Мы сидели на асфальтовой плите у самой воды, наклонной, тёплой, смотрели на воду, потягивая пиво из горлышек, Штефи говорила о Климте, об «обратной экспроприации» его полотен, перекочевавших из Австрии в Штаты, проданных там по рекордным ценам…
Но я прервал её:
— Штефи, слишком много Климта… Да и вообще культуры… Для меня в один день…
— Должна ли я это понимать так, что ты не хочешь идти со мной на вернисаж к Тэду? — сказала Штефи каким-то странным голосом…
— Что ещё за Тэд? — спросил я.
— Я тебе говорила…
— Я забыл…
— Он — повар, художник и гитарист.
— Ну, это ещё ничего, — сказал я. — А что он играет?
— Блюз-рок, переходящий местами в драм-н-бейс… Он вообще-то из Австралии.
— Абориген?
— Почему ты издеваешься?
— Почему я издеваюсь? Я слышал, что там ввели специальную программу для поддержки художников-аборигенов, им теперь намного легче попасть в галереи, чем просто австралийцам… Поэтому некоторые художники выдают себя за аборигенов… Так что твой Тэд вполне может быть аборигеном, даже если он не абориген…
— Смотри, — сказала вдруг Штефи и показала рукой, — вот он, настоящий абориген.
— Да нет, просто бомж. При этом вряд ли австралийский, — сказал я, глянув туда, куда она показала.
На другой каменной плите, гораздо более основательной… Возле самой опоры моста лежал человек, которого мы перед этим видели в драном кресле, стоявшем в высокой траве…
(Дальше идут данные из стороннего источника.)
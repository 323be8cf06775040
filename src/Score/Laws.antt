-- ===== src/Score/Laws.antt =====
-- What the marking loop computes.
use protocol_core.Base.{
  ℕ, zero, suc, ◌<◌, ◌≡◌, refl, Bool, true, false, ◌||◌, List, [], ◌∷◌, arith, ◌==◌, length, set,
  length-set, replicate, get_or,
}
use protocol_core.Base.Int.{ℤ}
use protocol_core.Score.Bins.{num_bins, bin_index, mark, mark_all, active_bins, hits, hit_by_some}

get_or-set :
    (bins : List Bool) (i k : ℕ)
    → i < length bins
    → get_or (set bins i true) k false ≡ (get_or bins k false || (i == k))
get_or-set [] i k h = absurd (omega arith)
get_or-set (b ∷ bins) zero zero h = ground arith
get_or-set (b ∷ bins) zero (suc k) h = ground arith
get_or-set (b ∷ bins) (suc i) zero h = ground arith
get_or-set (b ∷ bins) (suc i) (suc k) h = ground (arith, get_or-set bins i k)

length-mark : (now : ℤ) (bins : List Bool) (ts : ℤ) → length (mark now bins ts) ≡ length bins
unfolding mark
length-mark now bins ts = ground (arith, length-set bins (bin_index now ts) true)

get_or-mark :
    (now : ℤ) (bins : List Bool) (ts : ℤ) (k : ℕ)
    → length bins ≡ num_bins
    → k < num_bins
    → get_or (mark now bins ts) k false ≡ (get_or bins k false || hits now k ts)
unfolding mark hits
get_or-mark now bins ts k e h = ground (arith, get_or-set bins (bin_index now ts) k)

get_or-mark_all :
    (now : ℤ) (bins : List Bool) (stamps : List ℤ) (k : ℕ)
    → length bins ≡ num_bins
    → k < num_bins
    → get_or (mark_all now bins stamps) k false ≡ (get_or bins k false || hit_by_some now k stamps)
unfolding mark_all hit_by_some
get_or-mark_all now bins [] k e h = ground arith
get_or-mark_all now bins (ts ∷ rest) k e h = ground (
  arith,
  get_or-mark now bins ts k e h,
  length-mark now bins ts,
  get_or-mark_all now (mark now bins ts) rest k,
)

get_or-replicate : (n k : ℕ) → get_or (replicate n false) k false ≡ false
get_or-replicate zero k = refl
get_or-replicate (suc n) zero = refl
get_or-replicate (suc n) (suc k) = get_or-replicate n k

-- After the loop a bin is marked exactly if some time stamp that is not zero falls into it.
pub active_bins_iff :
    (now : ℤ) (stamps : List ℤ) (k : ℕ)
    → k < num_bins
    → get_or (active_bins now stamps) k false ≡ hit_by_some now k stamps
unfolding active_bins
active_bins_iff now stamps k h = ground (
  arith,
  get_or-replicate num_bins k,
  get_or-mark_all now (replicate num_bins false) stamps k refl h,
)

length-mark_all :
    (now : ℤ) (bins : List Bool) (stamps : List ℤ) → length (mark_all now bins stamps) ≡ length bins
unfolding mark_all
length-mark_all now bins [] = refl
length-mark_all now bins (ts ∷ rest) =
    omega (arith, length-mark_all now (mark now bins ts) rest, length-mark now bins ts)

bins_ext :
    (a b : List Bool)
    → length a ≡ length b
    → ((k : ℕ) → k < length a → get_or a k false ≡ get_or b k false)
    → a ≡ b
bins_ext [] [] e h = refl
bins_ext [] (y ∷ b) e h = absurd (omega arith)
bins_ext (x ∷ a) [] e h = absurd (omega arith)
bins_ext (x ∷ a) (y ∷ b) e h =
    cc (h 0 (omega arith), bins_ext a b (omega arith) (λ k l. h (suc k) (omega arith)))

pub length-active_bins : (now : ℤ) (stamps : List ℤ) → length (active_bins now stamps) ≡ num_bins
unfolding active_bins
length-active_bins now stamps = length-mark_all now (replicate num_bins false) stamps

pub get_or_bound : (a : List Bool) (k : ℕ) → get_or a k false ≡ true → k < length a
get_or_bound [] k e = cc
get_or_bound (x ∷ a) zero e = omega arith
get_or_bound (x ∷ a) (suc k) e = omega (arith, get_or_bound a k e)

hits_index : (now ts : ℤ) (k : ℕ) → hits now k ts ≡ true → bin_index now ts ≡ k
unfolding hits
hits_index now ts k h = ground arith

-- A time stamp in a bin that is active already changes no bin, so it changes no score.
pub active_bins_repeat :
    (now ts : ℤ) (stamps : List ℤ)
    → hit_by_some now (bin_index now ts) stamps ≡ true
    → active_bins now (ts ∷ stamps) ≡ active_bins now stamps
unfolding active_bins mark_all
active_bins_repeat now ts stamps h =
    let start = replicate num_bins false in
    let first = mark now start ts in
    let same_length : length first ≡ num_bins = length-mark now start ts in
    bins_ext (mark_all now first stamps) (mark_all now start stamps)
      (omega (arith, length-mark_all now first stamps, length-mark_all now start stamps))
      λ k l.
        let in_range : k < num_bins = omega (arith, length-mark_all now first stamps) in
        ground (
          arith,
          get_or-mark_all now first stamps k same_length in_range,
          get_or-mark_all now start stamps k refl in_range,
          get_or-mark now start ts k refl in_range,
          hits_index now ts k,
        )
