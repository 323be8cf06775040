-- ===== src/Score/Weights.antt =====
-- The weights of the active bins: more of them never lower the score, and it lies in a fixed range.
use native.Mathlib.Nat.{mul-le-mul, le_refl}
use protocol_core.Base.{
  ℕ, suc, ◌+◌, ◌-◌, ◌*◌, ◌/◌, ◌^◌, ◌≤◌, ◌<◌, ◌≡◌, refl, sym, ◌∙◌, Bool, true, false, List, [], ◌∷◌,
  arith, if◌then◌else◌, length, get_or,
}
use protocol_core.Base.Int.{ℤ}
use protocol_core.Score.Bins.{
  num_bins, active_bins, weight, add_weights, base_score, hit_by_some, sat_u64,
}
use protocol_core.Score.Laws.{active_bins_iff, length-active_bins, get_or_bound}

abbrev pub Below : List Bool → List Bool → Type 0
Below a b = (k : ℕ) → get_or a k false ≡ true → get_or b k false ≡ true

small_factor : (k : ℕ) → num_bins - k ≤ 12
small_factor k = omega arith

weight_exact :
    (increment k : ℕ)
    → increment < 2 ^ 16
    → weight increment k ≡ increment * (num_bins - k) / num_bins
unfolding weight
weight_exact increment k h = ground (arith, mul-le-mul (le_refl increment) (small_factor k))

-- Each weight is at most the increment, so one bin adds at most that.
weight-le : (increment k : ℕ) → increment < 2 ^ 16 → weight increment k ≤ increment
weight-le increment k h =
    omega (arith, weight_exact increment k h, mul-le-mul (le_refl increment) (small_factor k))

step_mono :
    (p q : Bool) (w x y : ℕ)
    → (p ≡ true → q ≡ true)
    → x ≤ y
    → y < 2 ^ 64
    → ((if p then sat_u64 (x + w) else x) ≤ (if q then sat_u64 (y + w) else y))
      × ((if q then sat_u64 (y + w) else y) < 2 ^ 64)
step_mono true true w x y h l m = ground arith
step_mono true false w x y h l m = cc (h refl)
step_mono false q w x y h l m = ground arith

add_weights_mono :
    (increment k x y : ℕ) (a b : List Bool)
    → length a ≡ length b
    → Below a b
    → x ≤ y
    → y < 2 ^ 64
    → add_weights increment k x a ≤ add_weights increment k y b
unfolding add_weights
add_weights_mono increment k x y [] [] e h l m = l
add_weights_mono increment k x y [] (q ∷ b) e h l m = absurd (omega arith)
add_weights_mono increment k x y (p ∷ a) [] e h l m = absurd (omega arith)
add_weights_mono increment k x y (p ∷ a) (q ∷ b) e h l m =
    let (le, lt) = step_mono p q (weight increment k) x y (h 0) l m in
    add_weights_mono increment (k + 1) _ _ a b (omega arith) (λ i. h (suc i)) le lt

-- A history that falls into every bin that another one falls into has at least its score.
pub base_score_mono :
    (increment : ℕ) (now : ℤ) (stamps more : List ℤ)
    → ((k : ℕ) → hit_by_some now k stamps ≡ true → hit_by_some now k more ≡ true)
    → base_score increment (active_bins now stamps) ≤ base_score increment (active_bins now more)
unfolding base_score
base_score_mono increment now stamps more h =
    add_weights_mono increment 0 0 0 (active_bins now stamps) (active_bins now more)
      (omega (arith, length-active_bins now stamps, length-active_bins now more))
      (λ k e. carry k (get_or_bound (active_bins now stamps) k e) e) (omega arith) (omega arith)
  where
    carry :
        (k : ℕ)
        → k < length (active_bins now stamps)
        → get_or (active_bins now stamps) k false ≡ true
        → get_or (active_bins now more) k false ≡ true
    carry k l e =
        let in_range : k < num_bins = omega (arith, length-active_bins now stamps) in
        active_bins_iff now more k in_range ∙ h k (sym (active_bins_iff now stamps k in_range) ∙ e)

add_weights_bounds :
    (increment k x : ℕ) (a : List Bool)
    → increment < 2 ^ 16
    → x + increment * length a < 2 ^ 64
    → (x ≤ add_weights increment k x a) × (add_weights increment k x a ≤ x + increment * length a)
unfolding add_weights
add_weights_bounds increment k x [] h l = omega arith
add_weights_bounds increment k x (true ∷ a) h l =
    let room : x + weight increment k + increment * length a < 2 ^ 64 =
      omega (arith, weight-le increment k h) in
    let exact : sat_u64 (x + weight increment k) ≡ x + weight increment k = ground arith in
    rw exact (
      omega (
        arith,
        weight-le increment k h,
        add_weights_bounds increment (k + 1) (x + weight increment k) a h room,
      ))
add_weights_bounds increment k x (false ∷ a) h l =
    omega (arith, add_weights_bounds increment (k + 1) x a h (omega arith))

weight-zero : (increment : ℕ) → increment < 2 ^ 16 → weight increment 0 ≡ increment
weight-zero increment h = omega (arith, weight_exact increment 0 h)

ten :
    (increment : ℕ) (a : List Bool)
    → length (true ∷ a) ≡ num_bins
    → increment < 2 ^ 16
    → increment + increment * length a < 2 ^ 64
ten increment a e h = let eleven : length a ≡ 11 = omega arith in rw eleven (omega arith)

first_bin :
    (increment : ℕ) (a : List Bool)
    → increment < 2 ^ 16
    → length a ≡ num_bins
    → get_or a 0 false ≡ true
    → increment ≤ add_weights increment 0 0 a
unfolding add_weights
first_bin increment [] h e t = absurd (omega arith)
first_bin increment (false ∷ a) h e t = cc
first_bin increment (true ∷ a) h e t =
    let exact : sat_u64 (0 + weight increment 0) ≡ increment =
      ground (arith, weight-zero increment h) in
    rw exact (add_weights_bounds increment (0 + 1) increment a h (ten increment a e h)).0

-- For an increment of 16 bits, a verification in the newest week is worth the whole increment.
pub base_score_recent :
    (increment : ℕ) (now : ℤ) (stamps : List ℤ)
    → increment < 2 ^ 16
    → hit_by_some now 0 stamps ≡ true
    → increment ≤ base_score increment (active_bins now stamps)
unfolding base_score
base_score_recent increment now stamps h e =
    first_bin increment (active_bins now stamps) h (length-active_bins now stamps)
      (active_bins_iff now stamps 0 (omega arith) ∙ e)

-- For an increment of 16 bits, no history is worth more than twelve increments.
pub base_score-le :
    (increment : ℕ) (now : ℤ) (stamps : List ℤ)
    → increment < 2 ^ 16
    → base_score increment (active_bins now stamps) ≤ 12 * increment
unfolding base_score
base_score-le increment now stamps h =
    let room : 0 + increment * length (active_bins now stamps) < 2 ^ 64 =
      rw (length-active_bins now stamps) (omega arith) in
    let top : increment * length (active_bins now stamps) ≤ 12 * increment =
      rw (length-active_bins now stamps) (omega arith) in
    omega (arith, (add_weights_bounds increment 0 0 (active_bins now stamps) h room).1)
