-- ===== src/Score.antt =====
-- The Trust Score: `compute_trust_score` of programs/entros-registry/src/lib.rs previews it, and
-- `process_anchor_update` of programs/entros-anchor/src/lib.rs stores it. Both loops agree; the
-- callers say what a failed subtraction means to them.
mod Isqrt
mod Bins
mod Total
mod Laws
mod Weights
mod Tests
pub use Isqrt.{isqrt_floor}
unfoldable pub use Isqrt.{isqrt}
unfoldable pub use Bins.{active_bins, base_score, bin_index, hits, hit_by_some}
unfoldable pub use Total.{age_days, age_bonus, total_score}
pub use Total.{total_score-le, age_bonus-le}
pub use Laws.{active_bins_iff, active_bins_repeat}
pub use Weights.{base_score_mono, base_score_recent, base_score-le}
pub use Bins.{num_bins, bin_size_secs}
В районе Райхенбахбрюке Изар начинает делить своё русло поровну с широким травяным лежбищем — излюбленным местом множества котиков и кошечек, по вечерам там горят факелы, огромная поляна у воды занята так плотно, как будто там дают концерт… Впрочем, мы в тот день были там в полдень, и кроме нас и бомжа с собакой никого не было, только зелень травы и зелень воды — все оттенки зелёного, и пятном на этом — красное кресло, в котором сидел белый человек…
Так мы его увидели с моста, а когда спустились к воде, он уже не сидел в кресле, а лежал у бетонной опоры моста на полотенце и больше не белел…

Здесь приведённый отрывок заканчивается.